B.     Rumusan Masalah
Dalam penulisan Makalah ini akan dibahas beberapa masalah diantaranya adalah sebagai berikut:
1.    Apa pengertian lingkungan pendidikan ?
2.    Apa saja Dimensi-dimensi lingkungan pendidikan ?
3.    Bagaimana Tipologi lingkungan pendidikan ?
C.    Tujuan Penulisan
Tujuan dari penulisan makalah ini adalah sebagai berikut:
1.    Untuk mengetahui dan memahami Pengertian dari lingkungan pendidikan.
2.    Untuk mengetahui dan memahami Dimensi-dimensi lingkungan pendidikan.
3.    Untuk mengetahui dan memahami yang termasuk kedalam ragam Tipologi lingkungan pendidikan.










BAB II
PEMBAHASAN

A.    Pengertian Lingkungan Pendidikan
Kegiatan pendidikan selalu berlangsung di dalam suatu lingkungan. Dalam konteks pendidikan, lingkungan dapat diartikan, sebagai segala sesuatu yang berada di luar diri anak. Lingkungan dapat berupa hal-hal nyata, seperti tumbuhan, orang, keadaan, politik, sosial-ekonomi, binatang, kebudayaan, kepercayaan, dan upaya lain yang dilakukan oleh manusia termasuk di dalamnya pendidikan.[1] 
Lingkungan pendidikan adalah segala sesuatu yang ada di sekitar manusia, baik berupa benda mati, makhluk hidup, ataupun peristiwa-peristiwa yang terjadi termasuk kondisi masyarakat terutama yang dapat memberikan pengaruh kuat kepada individu. Seperti lingkungan tempat pendidikan berlangsung dan lingkungan tempat anak bergaul. Lingkungan ini kemudian secara khusus disebut sebagai lembaga pendidikan sesuai dengan jenis dan tanggungjawab yang secara khusus menjadi bagian dari karakter lembaga tersebut.

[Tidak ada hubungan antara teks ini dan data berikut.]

-- ===== src/Base/Text.antt =====
-- The operations of Rust's `str` on UTF-8 bytes.
use Prim.Native.Nat.{ℕ, ◌+◌, ◌-◌, ◌*◌}
use mathlib.Core.Bool.{Bool, true, false, ◌&&◌, ◌||◌}
use mathlib.Core.Option.{Option, none, some}
use mathlib.Core.List.{List, [], ◌∷◌, ◌++◌, map}
use vulos_relay.Base.Tests.{leb, ◌==◌, if◌then◌else◌}
use vulos_relay.Base.Lists.{length, take, drop}
use vulos_relay.Base.Classes.{Bytes, bytes_beq}
use vulos_relay.Base.Blank.{is_blank}

-- `u8::to_ascii_lowercase`, `str::to_ascii_lowercase`
unfoldable pub to_lower : ℕ → ℕ
to_lower c = if leb 65 c && leb c 90 then c + 32 else c

unfoldable pub to_ascii_lowercase : Bytes → Bytes
to_ascii_lowercase = map to_lower

unfoldable pub eq_ignore_ascii_case : Bytes → Bytes → Bool
unfolding to_ascii_lowercase bytes_beq
eq_ignore_ascii_case s t = bytes_beq (to_ascii_lowercase s) (to_ascii_lowercase t)

unfoldable pub is_empty : Bytes → Bool
is_empty [] = true
is_empty (c ∷ s) = false

-- A continuation byte goes with the byte before it.
abbrev continues : Bytes → Bool
continues [] = false
continues (c ∷ s) = leb 0x80 c && leb c 0xbf

abbrev onto : ℕ → List Bytes → List Bytes
onto c [] = (c ∷ []) ∷ []
onto c (g ∷ gs) = (c ∷ g) ∷ gs

-- `str::chars`, each as its bytes.
unfoldable pub chars : Bytes → List Bytes
chars [] = []
chars (c ∷ s) = let rest = chars s in if continues s then onto c rest else (c ∷ []) ∷ rest

unfoldable pub concat : List Bytes → Bytes
concat [] = []
concat (g ∷ gs) = g ++ concat gs

module _ {ℓ} {A : Type ℓ} where
  unfoldable pub drop_while : (A → Bool) → List A → List A
  drop_while p [] = []
  drop_while p (x ∷ xs) = let rest = drop_while p xs in if p x then rest else x ∷ xs

  unfoldable pub reverse : List A → List A
  reverse [] = []
  reverse (x ∷ xs) = reverse xs ++ x ∷ []

  -- The elements before and after the first that passes the test, itself first among the second.
  unfoldable pub break : (A → Bool) → List A → List A × List A
  break p [] = ([], [])
  break p (x ∷ xs) = let rest = break p xs in if p x then ([], x ∷ xs) else (x ∷ rest.0, rest.1)

-- `str::trim_start_matches(c)`, `str::trim_end_matches(c)`
unfoldable pub trim_start_matches : ℕ → Bytes → Bytes
unfolding drop_while
trim_start_matches c = drop_while (λ x. x == c)

unfoldable pub trim_end_matches : ℕ → Bytes → Bytes
unfolding drop_while reverse
trim_end_matches c s = reverse (drop_while (λ x. x == c) (reverse s))

-- `str::trim`
unfoldable pub trim : Bytes → Bytes
unfolding chars concat drop_while reverse is_blank
trim s = concat (reverse (drop_while is_blank (reverse (drop_while is_blank (chars s)))))

abbrev push_word : Bytes → List Bytes → List Bytes
push_word [] ws = ws
push_word (c ∷ w) ws = (c ∷ w) ∷ ws

-- The words of a list of characters, after the characters of the word that has begun.
unfoldable pub words_of : Bytes → List Bytes → List Bytes
unfolding is_blank
words_of w [] = push_word w []
words_of w (g ∷ gs) =
    let ended = words_of [] gs in
    let longer = words_of (w ++ g) gs in if is_blank g then push_word w ended else longer

-- `str::split_whitespace`
unfoldable pub split_whitespace : Bytes → List Bytes
unfolding chars words_of
split_whitespace s = words_of [] (chars s)

abbrev cut : Bytes × Bytes → Option (Bytes × Bytes)
cut (s, []) = none
cut (s, c ∷ t) = some (s, t)

-- `str::split_once(c)`, `str::rsplit_once(c)` for an ASCII character
unfoldable pub split_once : ℕ → Bytes → Option (Bytes × Bytes)
unfolding break
split_once c s = cut (break (λ x. x == c) s)

abbrev flip : Option (Bytes × Bytes) → Option (Bytes × Bytes)
flip none = none
flip (some (s, t)) = some (reverse t, reverse s)

unfoldable pub rsplit_once : ℕ → Bytes → Option (Bytes × Bytes)
unfolding split_once reverse
rsplit_once c s = flip (split_once c (reverse s))

-- `str::strip_prefix`, `str::starts_with`
unfoldable pub strip_prefix : Bytes → Bytes → Option Bytes
unfolding bytes_beq
strip_prefix p s = if bytes_beq (take (length p) s) p then some (drop (length p) s) else none

unfoldable pub starts_with : Bytes → Bytes → Bool
unfolding bytes_beq
starts_with p s = bytes_beq (take (length p) s) p

-- `u8::from_str`: digits, after one optional `+`.
unfoldable pub u8_digits : ℕ → Bytes → Option ℕ
u8_digits n [] = some n
u8_digits n (c ∷ s) =
    let rest = u8_digits (10 * n + (c - 48)) s in
    if leb 48 c && leb c 57 && leb (10 * n + (c - 48)) 255 then rest else none

abbrev unsigned : Bytes → Bytes
unsigned [] = []
unsigned (c ∷ s) = if c == 43 then s else c ∷ s

unfoldable pub parse_u8 : Bytes → Option ℕ
unfolding u8_digits is_empty
parse_u8 s = if is_empty (unsigned s) then none else u8_digits 0 (unsigned s)

abbrev pub into : ℕ → List Bytes → List Bytes
into c [] = (c ∷ []) ∷ []
into c (w ∷ ws) = (c ∷ w) ∷ ws

-- `str::split(c)` for an ASCII character: at least one part.
unfoldable pub split : ℕ → Bytes → List Bytes
split c [] = [] ∷ []
split c (x ∷ s) = let rest = split c s in if x == c then [] ∷ rest else into x rest

-- `str::ends_with(c)`
unfoldable pub ends_with : ℕ → Bytes → Bool
ends_with c [] = false
ends_with c (x ∷ []) = x == c
ends_with c (x ∷ y ∷ s) = ends_with c (y ∷ s)

-- `u8::is_ascii_alphanumeric`
abbrev pub is_ascii_alphanumeric : ℕ → Bool
is_ascii_alphanumeric c =
    (leb 48 c && leb c 57) || (leb 65 c && leb c 90) || (leb 97 c && leb c 122)

-- `Iterator::all`
abbrev pub every {ℓ} : {A : Type ℓ} → (A → Bool) → List A → Bool
every p [] = true
every p (x ∷ xs) = p x && every p xs

-- `str::to_ascii_uppercase`
unfoldable pub to_ascii_uppercase : Bytes → Bytes
to_ascii_uppercase [] = []
to_ascii_uppercase (c ∷ s) =
    let rest = to_ascii_uppercase s in if leb 97 c && leb c 122 then (c - 32) ∷ rest else c ∷ rest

Dalam memberikan pengaruh terhadap perkembangan anak, lingkungan ada yang sengaja diadakan (usaha sadar) ada yang tidak usha sadar dari orang dewasa yang normatif disebut pendidikan, sedang ynag lain disebut pengaruh. Lingkunga yang dengan sengaja diciptakan untuk mempengaruhi anak ada tiga, yaitu : lingkungan keluarga, lingkungan sekolah, dan lingkungan masyarakat. Ketiga lingkunga ini disebut lembaga pendidikan atau satuan pendidikan.
Lembaga pendidikan adalah organisasi atau kelompok manusia yang Karena satu dan lain hal memikul tanggung jawab atas terlaksananya pendidikan. Badan pendidikan itu bertugas memberi pendidikan kepada si terdidik (Marimba,1980). Secara umum fungsi lembaga pendidikan adalah menciptakan situasi yang memungkinkan proses pendidikan dapat berlangsung.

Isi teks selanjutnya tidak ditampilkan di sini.